→ Recorded information:
▼

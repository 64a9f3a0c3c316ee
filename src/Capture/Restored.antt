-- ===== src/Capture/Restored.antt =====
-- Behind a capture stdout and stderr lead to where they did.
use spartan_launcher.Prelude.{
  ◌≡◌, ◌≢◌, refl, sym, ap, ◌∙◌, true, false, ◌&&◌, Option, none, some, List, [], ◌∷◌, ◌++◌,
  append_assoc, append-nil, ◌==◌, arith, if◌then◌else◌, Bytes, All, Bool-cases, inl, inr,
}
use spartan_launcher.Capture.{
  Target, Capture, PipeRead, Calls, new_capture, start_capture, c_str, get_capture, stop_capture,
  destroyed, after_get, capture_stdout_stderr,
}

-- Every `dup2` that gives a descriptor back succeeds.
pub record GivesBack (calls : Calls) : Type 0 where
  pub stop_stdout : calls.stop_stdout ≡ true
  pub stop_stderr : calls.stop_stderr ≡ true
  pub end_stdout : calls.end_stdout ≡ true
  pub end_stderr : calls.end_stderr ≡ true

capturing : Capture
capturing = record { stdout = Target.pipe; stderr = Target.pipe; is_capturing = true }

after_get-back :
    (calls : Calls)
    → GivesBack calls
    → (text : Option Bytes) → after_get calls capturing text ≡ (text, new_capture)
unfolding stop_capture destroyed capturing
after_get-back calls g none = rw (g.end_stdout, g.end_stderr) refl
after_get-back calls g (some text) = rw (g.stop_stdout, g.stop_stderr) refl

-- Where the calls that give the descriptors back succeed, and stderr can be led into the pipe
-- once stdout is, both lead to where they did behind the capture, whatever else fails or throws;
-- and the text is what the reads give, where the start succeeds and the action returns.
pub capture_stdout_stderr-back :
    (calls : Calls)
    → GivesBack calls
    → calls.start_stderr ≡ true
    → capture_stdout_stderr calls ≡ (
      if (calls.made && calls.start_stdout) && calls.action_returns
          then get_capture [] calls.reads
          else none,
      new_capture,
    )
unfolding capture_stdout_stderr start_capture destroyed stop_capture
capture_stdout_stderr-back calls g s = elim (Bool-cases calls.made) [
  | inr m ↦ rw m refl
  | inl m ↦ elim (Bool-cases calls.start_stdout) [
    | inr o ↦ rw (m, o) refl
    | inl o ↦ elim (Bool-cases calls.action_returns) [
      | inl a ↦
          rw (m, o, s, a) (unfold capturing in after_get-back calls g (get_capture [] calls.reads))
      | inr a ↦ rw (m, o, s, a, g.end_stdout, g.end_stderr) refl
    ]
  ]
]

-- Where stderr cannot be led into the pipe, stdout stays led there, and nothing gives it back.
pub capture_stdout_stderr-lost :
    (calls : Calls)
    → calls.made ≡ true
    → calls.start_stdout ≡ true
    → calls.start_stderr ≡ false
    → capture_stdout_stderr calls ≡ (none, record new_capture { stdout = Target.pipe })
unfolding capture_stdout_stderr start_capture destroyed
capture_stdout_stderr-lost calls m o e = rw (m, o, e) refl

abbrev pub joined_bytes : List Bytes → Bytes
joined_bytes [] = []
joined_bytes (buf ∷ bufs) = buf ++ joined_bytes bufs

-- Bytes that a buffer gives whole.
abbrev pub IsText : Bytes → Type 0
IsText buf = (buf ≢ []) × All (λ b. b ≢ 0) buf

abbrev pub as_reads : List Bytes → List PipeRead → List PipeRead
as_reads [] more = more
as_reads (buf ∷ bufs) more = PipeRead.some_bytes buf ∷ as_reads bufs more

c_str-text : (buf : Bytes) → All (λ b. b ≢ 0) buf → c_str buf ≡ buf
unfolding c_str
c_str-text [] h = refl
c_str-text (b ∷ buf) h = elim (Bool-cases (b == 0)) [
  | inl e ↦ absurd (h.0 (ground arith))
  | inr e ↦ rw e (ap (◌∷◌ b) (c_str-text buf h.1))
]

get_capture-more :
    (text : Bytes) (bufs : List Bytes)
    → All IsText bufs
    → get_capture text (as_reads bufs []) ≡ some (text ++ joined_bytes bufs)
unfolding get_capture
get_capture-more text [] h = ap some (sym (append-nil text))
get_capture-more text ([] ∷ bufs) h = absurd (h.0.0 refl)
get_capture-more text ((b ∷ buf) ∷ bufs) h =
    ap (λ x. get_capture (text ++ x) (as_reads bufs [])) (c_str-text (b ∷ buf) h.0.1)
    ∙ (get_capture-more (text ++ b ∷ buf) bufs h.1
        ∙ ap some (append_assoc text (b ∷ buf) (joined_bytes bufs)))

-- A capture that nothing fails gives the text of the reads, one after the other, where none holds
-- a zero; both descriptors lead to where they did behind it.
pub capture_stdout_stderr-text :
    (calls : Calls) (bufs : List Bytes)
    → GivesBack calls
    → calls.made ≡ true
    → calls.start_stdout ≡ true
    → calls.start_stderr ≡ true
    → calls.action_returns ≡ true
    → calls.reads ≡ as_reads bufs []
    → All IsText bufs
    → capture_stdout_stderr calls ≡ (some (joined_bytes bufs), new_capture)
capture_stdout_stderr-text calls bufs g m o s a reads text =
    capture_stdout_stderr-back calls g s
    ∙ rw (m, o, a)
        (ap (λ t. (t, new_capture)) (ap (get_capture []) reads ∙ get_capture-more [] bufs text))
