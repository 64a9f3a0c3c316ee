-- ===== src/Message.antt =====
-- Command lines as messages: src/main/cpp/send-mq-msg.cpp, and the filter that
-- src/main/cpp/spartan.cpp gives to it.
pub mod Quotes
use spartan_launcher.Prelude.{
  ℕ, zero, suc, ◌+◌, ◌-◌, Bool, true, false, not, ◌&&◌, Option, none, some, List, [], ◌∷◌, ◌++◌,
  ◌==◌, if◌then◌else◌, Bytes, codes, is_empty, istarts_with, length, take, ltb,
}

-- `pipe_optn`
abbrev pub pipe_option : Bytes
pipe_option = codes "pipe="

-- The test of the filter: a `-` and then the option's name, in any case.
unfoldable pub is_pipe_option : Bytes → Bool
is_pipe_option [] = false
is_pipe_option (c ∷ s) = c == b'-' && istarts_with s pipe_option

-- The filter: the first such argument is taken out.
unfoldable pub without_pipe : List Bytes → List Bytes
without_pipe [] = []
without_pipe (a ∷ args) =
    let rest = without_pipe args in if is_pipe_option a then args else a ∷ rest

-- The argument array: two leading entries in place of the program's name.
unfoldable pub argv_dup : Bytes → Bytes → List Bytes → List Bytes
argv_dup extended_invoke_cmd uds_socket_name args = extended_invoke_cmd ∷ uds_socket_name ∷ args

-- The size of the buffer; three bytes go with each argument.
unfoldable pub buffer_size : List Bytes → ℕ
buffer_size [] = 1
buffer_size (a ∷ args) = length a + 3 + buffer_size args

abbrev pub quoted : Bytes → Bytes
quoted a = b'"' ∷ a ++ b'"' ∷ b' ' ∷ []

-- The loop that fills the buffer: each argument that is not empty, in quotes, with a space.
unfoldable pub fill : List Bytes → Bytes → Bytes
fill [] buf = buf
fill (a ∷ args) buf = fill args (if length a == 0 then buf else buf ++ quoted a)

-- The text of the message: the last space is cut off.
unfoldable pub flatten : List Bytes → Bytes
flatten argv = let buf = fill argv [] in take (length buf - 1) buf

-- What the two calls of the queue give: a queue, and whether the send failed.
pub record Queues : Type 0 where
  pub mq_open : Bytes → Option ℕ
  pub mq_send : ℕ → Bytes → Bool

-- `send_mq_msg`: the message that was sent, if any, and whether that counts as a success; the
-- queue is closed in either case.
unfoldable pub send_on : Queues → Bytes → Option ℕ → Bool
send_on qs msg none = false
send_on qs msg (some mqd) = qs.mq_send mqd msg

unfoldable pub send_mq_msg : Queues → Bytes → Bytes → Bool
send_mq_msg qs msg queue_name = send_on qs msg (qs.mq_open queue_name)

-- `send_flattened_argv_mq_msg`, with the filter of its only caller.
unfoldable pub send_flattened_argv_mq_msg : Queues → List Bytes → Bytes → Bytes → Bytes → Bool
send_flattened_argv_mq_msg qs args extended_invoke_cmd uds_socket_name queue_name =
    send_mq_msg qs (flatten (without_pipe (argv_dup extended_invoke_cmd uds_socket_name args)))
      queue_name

▲
▼

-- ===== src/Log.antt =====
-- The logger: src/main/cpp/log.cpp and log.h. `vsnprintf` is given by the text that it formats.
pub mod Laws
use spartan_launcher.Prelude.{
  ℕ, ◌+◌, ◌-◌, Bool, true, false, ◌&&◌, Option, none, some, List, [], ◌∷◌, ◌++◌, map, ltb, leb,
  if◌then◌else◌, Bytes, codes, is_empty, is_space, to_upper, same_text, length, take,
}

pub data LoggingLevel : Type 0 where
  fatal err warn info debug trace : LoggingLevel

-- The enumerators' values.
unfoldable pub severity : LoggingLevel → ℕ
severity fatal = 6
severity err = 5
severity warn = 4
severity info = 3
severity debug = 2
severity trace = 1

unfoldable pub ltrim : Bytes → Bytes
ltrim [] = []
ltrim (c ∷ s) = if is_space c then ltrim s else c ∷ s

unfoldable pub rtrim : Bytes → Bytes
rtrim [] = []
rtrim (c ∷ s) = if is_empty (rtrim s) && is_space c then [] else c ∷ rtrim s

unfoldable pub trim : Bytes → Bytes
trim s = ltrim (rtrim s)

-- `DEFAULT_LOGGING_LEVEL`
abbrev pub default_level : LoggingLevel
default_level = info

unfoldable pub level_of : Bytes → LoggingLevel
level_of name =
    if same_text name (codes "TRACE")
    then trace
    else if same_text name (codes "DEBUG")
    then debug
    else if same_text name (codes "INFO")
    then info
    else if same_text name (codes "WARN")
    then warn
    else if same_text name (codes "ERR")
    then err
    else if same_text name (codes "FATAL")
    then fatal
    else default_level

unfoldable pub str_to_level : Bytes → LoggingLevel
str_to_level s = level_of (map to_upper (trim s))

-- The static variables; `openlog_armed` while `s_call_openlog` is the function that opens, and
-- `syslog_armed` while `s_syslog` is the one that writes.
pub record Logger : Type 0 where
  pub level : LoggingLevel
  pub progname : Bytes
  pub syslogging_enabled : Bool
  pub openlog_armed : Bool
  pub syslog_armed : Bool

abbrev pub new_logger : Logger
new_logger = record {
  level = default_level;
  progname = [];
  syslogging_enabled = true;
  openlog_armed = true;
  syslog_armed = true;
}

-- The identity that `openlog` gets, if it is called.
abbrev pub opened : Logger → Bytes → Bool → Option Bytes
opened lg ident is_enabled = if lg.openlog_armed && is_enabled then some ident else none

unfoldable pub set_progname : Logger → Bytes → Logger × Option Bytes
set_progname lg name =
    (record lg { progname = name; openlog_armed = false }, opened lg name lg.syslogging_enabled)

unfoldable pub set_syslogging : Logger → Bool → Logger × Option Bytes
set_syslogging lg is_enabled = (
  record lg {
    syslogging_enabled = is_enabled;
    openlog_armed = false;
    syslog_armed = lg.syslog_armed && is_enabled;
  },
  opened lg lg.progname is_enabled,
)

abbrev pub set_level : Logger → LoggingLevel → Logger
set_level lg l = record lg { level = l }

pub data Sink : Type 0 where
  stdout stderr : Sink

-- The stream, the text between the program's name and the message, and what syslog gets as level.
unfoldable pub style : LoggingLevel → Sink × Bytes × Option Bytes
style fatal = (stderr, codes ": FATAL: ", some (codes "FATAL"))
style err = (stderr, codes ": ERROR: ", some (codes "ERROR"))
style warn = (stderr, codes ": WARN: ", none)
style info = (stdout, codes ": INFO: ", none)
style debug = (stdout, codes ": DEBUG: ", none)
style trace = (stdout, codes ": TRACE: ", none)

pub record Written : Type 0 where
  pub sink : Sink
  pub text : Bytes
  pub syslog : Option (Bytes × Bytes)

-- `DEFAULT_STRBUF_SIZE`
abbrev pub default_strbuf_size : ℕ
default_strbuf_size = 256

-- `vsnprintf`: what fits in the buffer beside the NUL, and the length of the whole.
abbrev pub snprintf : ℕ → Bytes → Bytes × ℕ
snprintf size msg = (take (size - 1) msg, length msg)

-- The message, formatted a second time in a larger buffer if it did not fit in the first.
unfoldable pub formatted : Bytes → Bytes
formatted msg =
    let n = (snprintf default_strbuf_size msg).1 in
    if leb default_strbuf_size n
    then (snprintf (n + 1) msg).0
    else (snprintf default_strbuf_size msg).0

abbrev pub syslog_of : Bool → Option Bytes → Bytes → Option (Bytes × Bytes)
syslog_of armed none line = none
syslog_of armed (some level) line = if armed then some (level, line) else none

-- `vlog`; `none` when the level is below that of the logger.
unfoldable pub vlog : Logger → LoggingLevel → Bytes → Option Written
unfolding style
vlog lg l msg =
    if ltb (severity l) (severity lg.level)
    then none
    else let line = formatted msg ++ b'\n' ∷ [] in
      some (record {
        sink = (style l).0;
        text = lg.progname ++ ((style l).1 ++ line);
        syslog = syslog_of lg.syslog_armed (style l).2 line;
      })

▲

→ Assignment:
Please copy, exactly and with nothing else, the lines above beginning at the line that has "joined_bytes [] = []" and ending with the line that has "(h.0 (ground arith))".

→ Result below:
joined_bytes [] = []
joined_bytes (buf ∷ bufs) = buf ++ joined_bytes bufs

-- Bytes that a buffer gives whole.
abbrev pub IsText : Bytes → Type 0
IsText buf = (buf ≢ []) × All (λ b. b ≢ 0) buf

abbrev pub as_reads : List Bytes → List PipeRead → List PipeRead
as_reads [] more = more
as_reads (buf ∷ bufs) more = PipeRead.some_bytes buf ∷ as_reads bufs more

c_str-text : (buf : Bytes) → All (λ b. b ≢ 0) buf → c_str buf ≡ buf
unfolding c_str
c_str-text [] h = refl
c_str-text (b ∷ buf) h = elim (Bool-cases (b == 0)) [
  | inl e ↦ absurd (h.0 (ground arith))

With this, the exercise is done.